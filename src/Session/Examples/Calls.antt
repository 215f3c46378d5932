-- ===== src/Session/Examples/Calls.antt =====
-- internal/session: the theorems on single calls, made to a session that is up or that has a turn.
use tatara_claude_code_wrapp.Common.{
  ◌*◌, ◌≡◌, ◌≤◌, ◌⊎◌, refl, true, false, List, [], ◌∷◌, none, some, inl,
}
use tatara_claude_code_wrapp.Session.State.{write_paste, new, second}
use tatara_claude_code_wrapp.Session.Submit.{SubmitInput, submit, admit, refuse}
use tatara_claude_code_wrapp.Session.Recover.{start, boot_settled}
use tatara_claude_code_wrapp.Session.Activity.{start_tailer}
use tatara_claude_code_wrapp.Session.Step.{Section, perform}
use tatara_claude_code_wrapp.Session.Examples.{up, one}
use tatara_claude_code_wrapp.Session.Admission.{one_handoff_past_deadline, late_count}
use tatara_claude_code_wrapp.Session.Turns.{submit-Accepted, Accepted}
use tatara_claude_code_wrapp.Session.Turns.Failure.{submit-WriteFailed, WriteFailed}

abbrev input : SubmitInput
input = record {
  admit_now = 2000;
  id = "t1";
  now = 2000;
  paste_error = none;
  submit_error = none;
  timer_now = 2500;
}

abbrev failing : SubmitInput
failing = record input { paste_error = some "EIO" }

abbrev calls : List Section
calls =
    Section.admits true (11 * second)
    ∷ Section.admits false (12 * second)
    ∷ Section.admits true (13 * second)
    ∷ []

one_handoff_past_deadline_example :
    (late_count calls one ≤ 1) × ((one.handoff_admitted ≡ false) ⊎ (late_count calls one ≡ 0))
one_handoff_past_deadline_example = one_handoff_past_deadline calls one

submit-Accepted_example : Accepted "hi" "" input 1 up (submit "hi" "" false input up)
unfolding perform start boot_settled new start_tailer admit refuse
submit-Accepted_example = submit-Accepted "hi" "" false input 1 up refl refl refl refl refl

submit-WriteFailed_example : WriteFailed "t1" (write_paste "EIO") (submit "hi" "" false failing up)
unfolding perform start boot_settled new start_tailer admit refuse
submit-WriteFailed_example =
    submit-WriteFailed "hi" "" false failing 1 "EIO" up refl refl refl (inl refl)
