-- ===== src/Session/Isolation.antt =====
-- internal/session: what a probe, an interrupt and the inactivity timer leave alone.
use tatara_claude_code_wrapp.Common.{
  ℕ, ◌≡◌, ◌≢◌, true, List, [], ◌∷◌, Option, String, Time, arith, eq_iff, Option-cases, inl, inr,
}
use tatara_claude_code_wrapp.Session.State.{Manager}
use tatara_claude_code_wrapp.Session.Activity.{mark_stall_suspected, has_timer}
use tatara_claude_code_wrapp.Session.Control.{
  ProbeInput, probe_text, probe, probe_writes, register_probe, live_writer, interrupt,
}

-- The turn in flight, its record, its deadline, the admission of others and the life of the process
-- are as they were.
pub record SameTurn (m n : Manager) : Type 0 where
  pub store : n.store ≡ m.store
  pub current : n.current ≡ m.current
  pub state : n.state ≡ m.state
  pub timer : n.timer ≡ m.timer
  pub stall : n.stall_suspected_since ≡ m.stall_suspected_since
  pub handoff : n.handoff_admitted ≡ m.handoff_admitted
  pub finished : n.turns_completed ≡ m.turns_completed
  pub restarts : n.restarts ≡ m.restarts
  pub proc : n.proc ≡ m.proc
  pub done : n.done ≡ m.done

register_probe-SameTurn :
    (id text : String) (now : Time) (m : Manager) → SameTurn m (register_probe id text now m)
unfolding register_probe
register_probe-SameTurn id text now m = ground arith

probe_writes-SameTurn :
    (p : ℕ) (text : String) (x : ProbeInput) (m : Manager) → SameTurn m (probe_writes p text x m).0
unfolding probe_writes
probe_writes-SameTurn p text x m = ground arith

SameTurn-trans : {m n k : Manager} → SameTurn m n → SameTurn n k → SameTurn m k
SameTurn-trans a b = ground arith

-- A probe is no turn: on every path, write errors included, it leaves the turn in flight, its record,
-- its deadline and the handoff allowance alone.
pub probe-SameTurn : (text : String) (x : ProbeInput) (m : Manager) → SameTurn m (probe text x m).0
unfolding probe
probe-SameTurn text x m = elim (Option-cases (live_writer m)) [
  | inl down ↦ rw (down, probe) (ground arith)
  | inr (p, up) ↦
      rw (up, probe)
        (SameTurn-trans (register_probe-SameTurn x.id (probe_text text) x.now m) (
          probe_writes-SameTurn p (probe_text text) x
            (register_probe x.id (probe_text text) x.now m)))
]

-- An interrupt only writes: the turn stays in the slot until the transcript confirms it.
interrupt-SameTurn : (error : Option String) (m : Manager) → SameTurn m (interrupt error m).0
unfolding interrupt
interrupt-SameTurn error m = ground arith

-- The timer fires again and again while the turn stays silent.
pub fire_all : String → List (Time × Time) → Manager → Manager
fire_all id [] m = m
fire_all id ((stamp, now) ∷ ts) m = fire_all id ts (mark_stall_suspected id stamp now m)

record SameSilent (m n : Manager) : Type 0 where
  store : n.store ≡ m.store
  current : n.current ≡ m.current
  state : n.state ≡ m.state
  has : has_timer n.timer ≡ has_timer m.timer
  finished : n.turns_completed ≡ m.turns_completed
  stall : n.stall_suspected_since ≡ m.stall_suspected_since

fire-SameSilent :
    (id : String) (stamp now : Time) (m : Manager)
    → m.stall_suspected_since ≢ 0
    → SameSilent m (mark_stall_suspected id stamp now m)
unfolding mark_stall_suspected
fire-SameSilent id stamp now m h = ground arith

SameSilent-trans : {m n k : Manager} → SameSilent m n → SameSilent n k → SameSilent m k
SameSilent-trans a b = ground arith

fire_all-SameSilent :
    (id : String) (ts : List (Time × Time)) (m : Manager)
    → m.stall_suspected_since ≢ 0
    → SameSilent m (fire_all id ts m)
unfolding fire_all
fire_all-SameSilent id [] m h = ground arith
fire_all-SameSilent id ((stamp, now) ∷ ts) m h =
    let one = fire-SameSilent id stamp now m h in
    SameSilent-trans one
      (fire_all-SameSilent id ts (mark_stall_suspected id stamp now m) (ground (arith, one.stall)))

fire_first :
    (id : String) (first now : Time) (m : Manager)
    → m.current ≡ id
    → has_timer m.timer ≡ true
    → m.stall_suspected_since ≡ 0
    → let n = mark_stall_suspected id first now m in
      (n.stall_suspected_since ≡ first)
      × (n.store ≡ m.store)
      × (n.current ≡ m.current)
      × (n.state ≡ m.state)
      × (n.turns_completed ≡ m.turns_completed)
unfolding mark_stall_suspected
fire_first id first now m held timed fresh = ground (arith, eq_iff m.current id)

-- However often the inactivity timer of the turn in flight fires, the turn stays in the slot, running
-- and unfinished, the session keeps its state, and the stall reads as begun at the first firing.
pub stall_reports_first :
    (id : String) (first now : Time) (ts : List (Time × Time)) (m : Manager)
    → m.current ≡ id
    → has_timer m.timer ≡ true
    → m.stall_suspected_since ≡ 0
    → first ≢ 0
    → let n = fire_all id ((first, now) ∷ ts) m in
      (n.stall_suspected_since ≡ first)
      × (n.store ≡ m.store)
      × (n.current ≡ id)
      × (n.state ≡ m.state)
      × (n.turns_completed ≡ m.turns_completed)
unfolding fire_all
stall_reports_first id first now ts m held timed fresh h =
    let one = fire_first id first now m held timed fresh in
    let k = mark_stall_suspected id first now m in
    let rest = fire_all-SameSilent id ts k (ground (arith, one.0)) in ground (arith, one, rest)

----

Action item: Transcribe every line of the data, exactly as it stands.

Your solution:
filename src/Session/Examples/Calls.antt
repository 215f3c46378d5932
-- ===== src/Session/Examples/Calls.antt =====
-- internal/session: the theorems on single calls, made to a session that is up or that has a turn.
use tatara_claude_code_wrapp.Common.{
  ◌*◌, ◌≡◌, ◌≤◌, ◌⊎◌, refl, true, false, List, [], ◌∷◌, none, some, inl,
}
use tatara_claude_code_wrapp.Session.State.{write_paste, new, second}
use tatara_claude_code_wrapp.Session.Submit.{SubmitInput, submit, admit, refuse}
use tatara_claude_code_wrapp.Session.Recover.{start, boot_settled}
use tatara_claude_code_wrapp.Session.Activity.{start_tailer}
use tatara_claude_code_wrapp.Session.Step.{Section, perform}
use tatara_claude_code_wrapp.Session.Examples.{up, one}
use tatara_claude_code_wrapp.Session.Admission.{one_handoff_past_deadline, late_count}
use tatara_claude_code_wrapp.Session.Turns.{submit-Accepted, Accepted}
use tatara_claude_code_wrapp.Session.Turns.Failure.{submit-WriteFailed, WriteFailed}

abbrev input : SubmitInput
input = record {
  admit_now = 2000;
  id = "t1";
  now = 2000;
  paste_error = none;
  submit_error = none;
  timer_now = 2500;
}

abbrev failing : SubmitInput
failing = record input { paste_error = some "EIO" }

abbrev calls : List Section
calls =
    Section.admits true (11 * second)
    ∷ Section.admits false (12 * second)
    ∷ Section.admits true (13 * second)
    ∷ []

one_handoff_past_deadline_example :
    (late_count calls one ≤ 1) × ((one.handoff_admitted ≡ false) ⊎ (late_count calls one ≡ 0))
one_handoff_past_deadline_example = one_handoff_past_deadline calls one

submit-Accepted_example : Accepted "hi" "" input 1 up (submit "hi" "" false input up)
unfolding perform start boot_settled new start_tailer admit refuse
submit-Accepted_example = submit-Accepted "hi" "" false input 1 up refl refl refl refl refl

submit-WriteFailed_example : WriteFailed "t1" (write_paste "EIO") (submit "hi" "" false failing up)
unfolding perform start boot_settled new start_tailer admit refuse
submit-WriteFailed_example =
    submit-WriteFailed "hi" "" false failing 1 "EIO" up refl refl refl (inl refl)
-- ===== src/Session/Isolation.antt =====
-- internal/session: what a probe, an interrupt and the inactivity timer leave alone.
use tatara_claude_code_wrapp.Common.{
  ℕ, ◌≡◌, ◌≢◌, true, List, [], ◌∷◌, Option, String, Time, arith, eq_iff, Option-cases, inl, inr,
}
use tatara_claude_code_wrapp.Session.State.{Manager}
use tatara_claude_code_wrapp.Session.Activity.{mark_stall_suspected, has_timer}
use tatara_claude_code_wrapp.Session.Control.{
  ProbeInput, probe_text, probe, probe_writes, register_probe, live_writer, interrupt,
}

-- The turn in flight, its record, its deadline, the admission of others and the life of the process
-- are as they were.
pub record SameTurn (m n : Manager) : Type 0 where
  pub store : n.store ≡ m.store
  pub current : n.current ≡ m.current
  pub state : n.state ≡ m.state
  pub timer : n.timer ≡ m.timer
  pub stall : n.stall_suspected_since ≡ m.stall_suspected_since
  pub handoff : n.handoff_admitted ≡ m.handoff_admitted
  pub finished : n.turns_completed ≡ m.turns_completed
  pub restarts : n.restarts ≡ m.restarts
  pub proc : n.proc ≡ m.proc
  pub done : n.done ≡ m.done

register_probe-SameTurn :
    (id text : String) (now : Time) (m : Manager) → SameTurn m (register_probe id text now m)
unfolding register_probe
register_probe-SameTurn id text now m = ground arith

probe_writes-SameTurn :
    (p : ℕ) (text : String) (x : ProbeInput) (m : Manager) → SameTurn m (probe_writes p text x m).0
unfolding probe_writes
probe_writes-SameTurn p text x m = ground arith

SameTurn-trans : {m n k : Manager} → SameTurn m n → SameTurn n k → SameTurn m k
SameTurn-trans a b = ground arith

-- A probe is no turn: on every path, write errors included, it leaves the turn in flight, its record,
-- its deadline and the handoff allowance alone.
pub probe-SameTurn : (text : String) (x : ProbeInput) (m : Manager) → SameTurn m (probe text x m).0
unfolding probe
probe-SameTurn text x m = elim (Option-cases (live_writer m)) [
  | inl down ↦ rw (down, probe) (ground arith)
  | inr (p, up) ↦
      rw (up, probe)
        (SameTurn-trans (register_probe-SameTurn x.id (probe_text text) x.now m) (
          probe_writes-SameTurn p (probe_text text) x
            (register_probe x.id (probe_text text) x.now m)))
]

-- An interrupt only writes: the turn stays in the slot until the transcript confirms it.
interrupt-SameTurn : (error : Option String) (m : Manager) → SameTurn m (interrupt error m).0
unfolding interrupt
interrupt-SameTurn error m = ground arith

-- The timer fires again and again while the turn stays silent.
pub fire_all : String → List (Time × Time) → Manager → Manager
fire_all id [] m = m
fire_all id ((stamp, now) ∷ ts) m = fire_all id ts (mark_stall_suspected id stamp now m)

record SameSilent (m n : Manager) : Type 0 where
  store : n.store ≡ m.store
  current : n.current ≡ m.current
  state : n.state ≡ m.state
  has : has_timer n.timer ≡ has_timer m.timer
  finished : n.turns_completed ≡ m.turns_completed
  stall : n.stall_suspected_since ≡ m.stall_suspected_since

fire-SameSilent :
    (id : String) (stamp now : Time) (m : Manager)
    → m.stall_suspected_since ≢ 0
    → SameSilent m (mark_stall_suspected id stamp now m)
unfolding mark_stall_suspected
fire-SameSilent id stamp now m h = ground arith

SameSilent-trans : {m n k : Manager} → SameSilent m n → SameSilent n k → SameSilent m k
SameSilent-trans a b = ground arith

fire_all-SameSilent :
    (id : String) (ts : List (Time × Time)) (m : Manager)
    → m.stall_suspected_since ≢ 0
    → SameSilent m (fire_all id ts m)
unfolding fire_all
fire_all-SameSilent id [] m h = ground arith
fire_all-SameSilent id ((stamp, now) ∷ ts) m h =
    let one = fire-SameSilent id stamp now m h in
    SameSilent-trans one
      (fire_all-SameSilent id ts (mark_stall_suspected id stamp now m) (ground (arith, one.stall)))

fire_first :
    (id : String) (first now : Time) (m : Manager)
    → m.current ≡ id
    → has_timer m.timer ≡ true
    → m.stall_suspected_since ≡ 0
    → let n = mark_stall_suspected id first now m in
      (n.stall_suspected_since ≡ first)
      × (n.store ≡ m.store)
      × (n.current ≡ m.current)
      × (n.state ≡ m.state)
      × (n.turns_completed ≡ m.turns_completed)
unfolding mark_stall_suspected
fire_first id first now m held timed fresh = ground (arith, eq_iff m.current id)

-- However often the inactivity timer of the turn in flight fires, the turn stays in the slot, running
-- and unfinished, the session keeps its state, and the stall reads as begun at the first firing.
pub stall_reports_first :
    (id : String) (first now : Time) (ts : List (Time × Time)) (m : Manager)
    → m.current ≡ id
    → has_timer m.timer ≡ true
    → m.stall_suspected_since ≡ 0
    → first ≢ 0
    → let n = fire_all id ((first, now) ∷ ts) m in
      (n.stall_suspected_since ≡ first)
      × (n.store ≡ m.store)
      × (n.current ≡ id)
      × (n.state ≡ m.state)
      × (n.turns_completed ≡ m.turns_completed)
unfolding fire_all
stall_reports_first id first now ts m held timed fresh h =
    let one = fire_first id first now m held timed fresh in
    let k = mark_stall_suspected id first now m in
    let rest = fire_all-SameSilent id ts k (ground (arith, one.0)) in ground (arith, one, rest)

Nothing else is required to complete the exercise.